If multiple floor-ceiling panels are used to form a diaphragm, adjacent panels may be joined to the diaphragm beams and to one another. In some examples, the coupling of a plurality of floor-ceiling panels may involve coupling each floor-ceiling panel in the plurality in sequence (e.g., attach a first floor-ceiling panel to the diaphragm beams, attach a second adjacent floor-ceiling panel to the diaphragm beams and the previous panel, attach a third floor-ceiling panel to the diaphragm and the middle panel, etc.). Regardless of the number of diaphragm portions in a diaphragm according to the present disclosure, the diaphragm may be coupled to the external structural frame in a manner which provides a load path (i.e., for transmitting loads from the diaphragm to the frame) only via the coupling assemblies between the diaphragm beams and the frame. In the case of multiple floor-ceiling panels forming the diaphragm, adjacent floor-ceiling panels may be joined to one another and the outer most two floor-ceiling panels may have one respective unsupported longitudinal edge, corresponding to the free or unsupported edge of the diaphragm.

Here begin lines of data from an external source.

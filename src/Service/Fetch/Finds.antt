-- ===== src/Service/Fetch/Finds.antt =====
-- FetchNextJob where there is a job to take, on a driver that reports no fault.
use queue_ctl.Prelude.{
  String, true, ◌+◌, ◌<◌, ◌^◌, ◌≡◌, refl, false, some, arith, All, ◌==◌, where_rows, order_by,
  first_row, count_rows, Option-cases, inl, inr,
}
use queue_ctl.Prelude.Int.{ℤ, pos, negsuc, pos_part, ◌+ℤ◌, wrap64, wrap64_next, ltb_ℤ, leb_ℤ}
use queue_ctl.Prelude.Lists.Order.{All-first_row, All-order_by, All-where_rows}
use queue_ctl.Domain.Errors.{ok}
use queue_ctl.Domain.Job as Job
use queue_ctl.Domain.Job.{Job}
use queue_ctl.Domain.Clocked.{new_execution_log, or_now}
use queue_ctl.Store.{Env, World, new_id, now}
use queue_ctl.Store.Tx.{in_tx, with_tx}
use queue_ctl.Store.Tx.Atomic.{tx_start}
use queue_ctl.Repository.Jobs.{
  is_eligible, acquired_before, set_running, acquire_in_tx, acquire_next_pending_job,
}
use queue_ctl.Repository.Jobs.Acquire.{selected_none}
use queue_ctl.Repository.Logs as Logs
use queue_ctl.Service.Outcomes.Calm.{IsCalm, with_tx_calm, >>=-run}
use queue_ctl.Service.Fetch.{log_attempt, fetch_in_tx, fetch_next_job}

-- A valid row whose count of failures can be raised in 64 bits.
abbrev pub CanStart : Job → Type 0
CanStart j = (Job.validate j ≡ ok tt) × (pos_part j.retries_count + 1 < 2 ^ 63)

next_attempt :
    (a : ℤ)
    → ltb_ℤ a (pos 0) ≡ false
    → pos_part a + 1 < 2 ^ 63
    → leb_ℤ (wrap64 (a +ℤ pos 1)) (pos 0) ≡ false
next_attempt (pos n) h k = rw (wrap64_next n k) (ground arith)
next_attempt (negsuc n) h k = absurd (ground arith)

start_checks :
    (j : Job)
    → CanStart j
    → ((j.id == "") ≡ false) × (leb_ℤ (wrap64 (j.retries_count +ℤ pos 1)) (pos 0) ≡ false)
unfolding Job.validate
start_checks j (valid, small) = (ground arith, next_attempt j.retries_count (ground arith) small)

module _ (env : Env) (calm : IsCalm env) (queue worker_id : String) where
  log_runs :
      (job : Job) (w : World)
      → (job.id == "") ≡ false
      → leb_ℤ (wrap64 (job.retries_count +ℤ pos 1)) (pos 0) ≡ false
      → (worker_id == "") ≡ false
      → (env.uuid w.ids == "") ≡ false
      → count_rows (Logs.has_id (env.uuid w.ids)) w.db.logs ≡ 0
      → (log_attempt env worker_id (some job) w).0 ≡ ok (some job)
  unfolding new_id now new_execution_log or_now Logs.insert
  log_runs job w named attempt worker fresh unused = ground (arith, calm w.calls)

  acquire_runs :
      (row : Job) (w : World)
      → first_row
          (order_by acquired_before (where_rows (is_eligible queue (env.clock w.reads)) w.db.jobs))
        ≡ some row
      → ((acquire_in_tx env queue w).0 ≡ ok (some (set_running (env.clock w.reads) row)))
        × ((acquire_in_tx env queue w).1.ids ≡ w.ids)
        × ((acquire_in_tx env queue w).1.db.logs ≡ w.db.logs)
  unfolding acquire_in_tx
  acquire_runs row w first = (
    ground (arith, calm w.calls, calm (w.calls + 1)),
    ground (arith, calm w.calls, calm (w.calls + 1)),
    ground (arith, calm w.calls, calm (w.calls + 1)),
  )

  fetch_runs :
      (row : Job) (w : World)
      → first_row
          (order_by acquired_before (where_rows (is_eligible queue (env.clock w.reads)) w.db.jobs))
        ≡ some row
      → CanStart row
      → (worker_id == "") ≡ false
      → (env.uuid w.ids == "") ≡ false
      → count_rows (Logs.has_id (env.uuid w.ids)) w.db.logs ≡ 0
      → (fetch_in_tx env queue worker_id in_tx w).0
        ≡ ok (some (set_running (env.clock w.reads) row))
  unfolding fetch_in_tx acquire_next_pending_job with_tx
  fetch_runs row w first start worker fresh unused =
      let acquire = acquire_next_pending_job env in_tx queue in
      let (acquired, ids, logs) = acquire_runs row w first in
      let (named, attempt) = start_checks row start in
      let got : (acquire w).0 ≡ ok (some (set_running (env.clock w.reads) row)) =
        rw acquired refl in
      >>=-run acquire (log_attempt env worker_id) w got (
        log_runs (set_running (env.clock w.reads) row) (acquire w).1 named attempt worker
          (rw ids fresh) (rw (ids, logs) unused))

  -- On a driver without faults FetchNextJob returns a job where there is one: if some row of the
  -- queue is pending and due, each row is valid and its count of failures can be raised in 64 bits,
  -- the worker has an identifier, and the identifier of the new log is not empty and not in use,
  -- then it returns a job and no error.
  pub fetch_next_job-finds :
      (w : World)
      → ¬ All (λ j. is_eligible queue (env.clock w.reads) j ≡ false) w.db.jobs
      → All CanStart w.db.jobs
      → (worker_id == "") ≡ false
      → (env.uuid w.ids == "") ≡ false
      → count_rows (Logs.has_id (env.uuid w.ids)) w.db.logs ≡ 0
      → (job : Job) × ((fetch_next_job env queue worker_id w).0 ≡ ok (some job))
  unfolding fetch_next_job
  fetch_next_job-finds w some_due start worker fresh unused =
      let p = is_eligible queue (env.clock w.reads) in
      elim (Option-cases (first_row (order_by acquired_before (where_rows p w.db.jobs)))) [
        | inl e ↦ absurd (some_due (selected_none queue (env.clock w.reads) w.db.jobs e))
        | inr (row, e) ↦
            let can =
              All-first_row (λ j. (p j ≡ true) × CanStart j)
                (order_by acquired_before (where_rows p w.db.jobs)) e
                (All-order_by acquired_before (λ j. (p j ≡ true) × CanStart j)
                  (where_rows p w.db.jobs) (All-where_rows CanStart p w.db.jobs start)) in
            let ran = fetch_runs row (tx_start w) e can.1 worker fresh unused in
            let committed = with_tx_calm env calm (fetch_in_tx env queue worker_id) w ran in
            (set_running (env.clock w.reads) row, rw (worker, committed) refl)
      ]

In some embodiments, e.g., as shown in blocks 816 and 818, the building envelope may be defined by installing walls (e.g., end walls, utility walls, and or window walls), and the interior of the building may be divided into units or rooms by installing interior walls (e.g., demising walls). As described herein, these walls may be provided by one or more pre-fabricated walls which are positioned, for example, over the diaphragm beams and connected thereto and/or to the floor-ceiling panels below and above the walls. As further described, some or all of these pre-assembled walls may be non-load bearing walls and may be coupled to the diaphragm in a manner which avoids the transference of structural loads to the walls.

In some embodiments, at least one of the plurality of panels may include a track for receiving a floor-to-ceiling window panel. After floor panels associated with an upper story have been similarly assembled, one or more floor-to-ceiling window panels may be inserted into the tracks (e.g., snapped into engagement with a lower and upper track) to seal the envelope of the building. To facilitate installation of the window panels, the tracks and/or window panels may be provided with a biasing member to allow the window panel to slip into engagement with the track. Since the tracks are pre-installed onto the respective floor-ceiling panels and pre-assembled walls, a time consuming step of glazing and caulking of windows as is typically done in conventional construction, may be avoided, thus reducing the overall building construction timeline and costs.

In some embodiments, the diaphragm may include multiple diaphragm portions (e.g., 220-1, 220-2, etc.) to provide a building with as large a foot print as may be desired. In such embodiments, additional portions of the diaphragm may be assembled, for example by coupling at least one additional diaphragm beam to the external structural frame and coupling one or more additional pre-assembled floor-ceiling panels to the additional diaphragm beam, e.g., as shown in block 814. The additional diaphragm beam would be located at the same vertical elevation or height as the first pair of diaphragm beams and would be spaced horizontally therefrom to accommodate the additional one or more floor-ceiling panels. This sequence may be continued to assemble as large a floor system as may be desired, for example a floor system including four diaphragm portions as shown in FIG. 2A.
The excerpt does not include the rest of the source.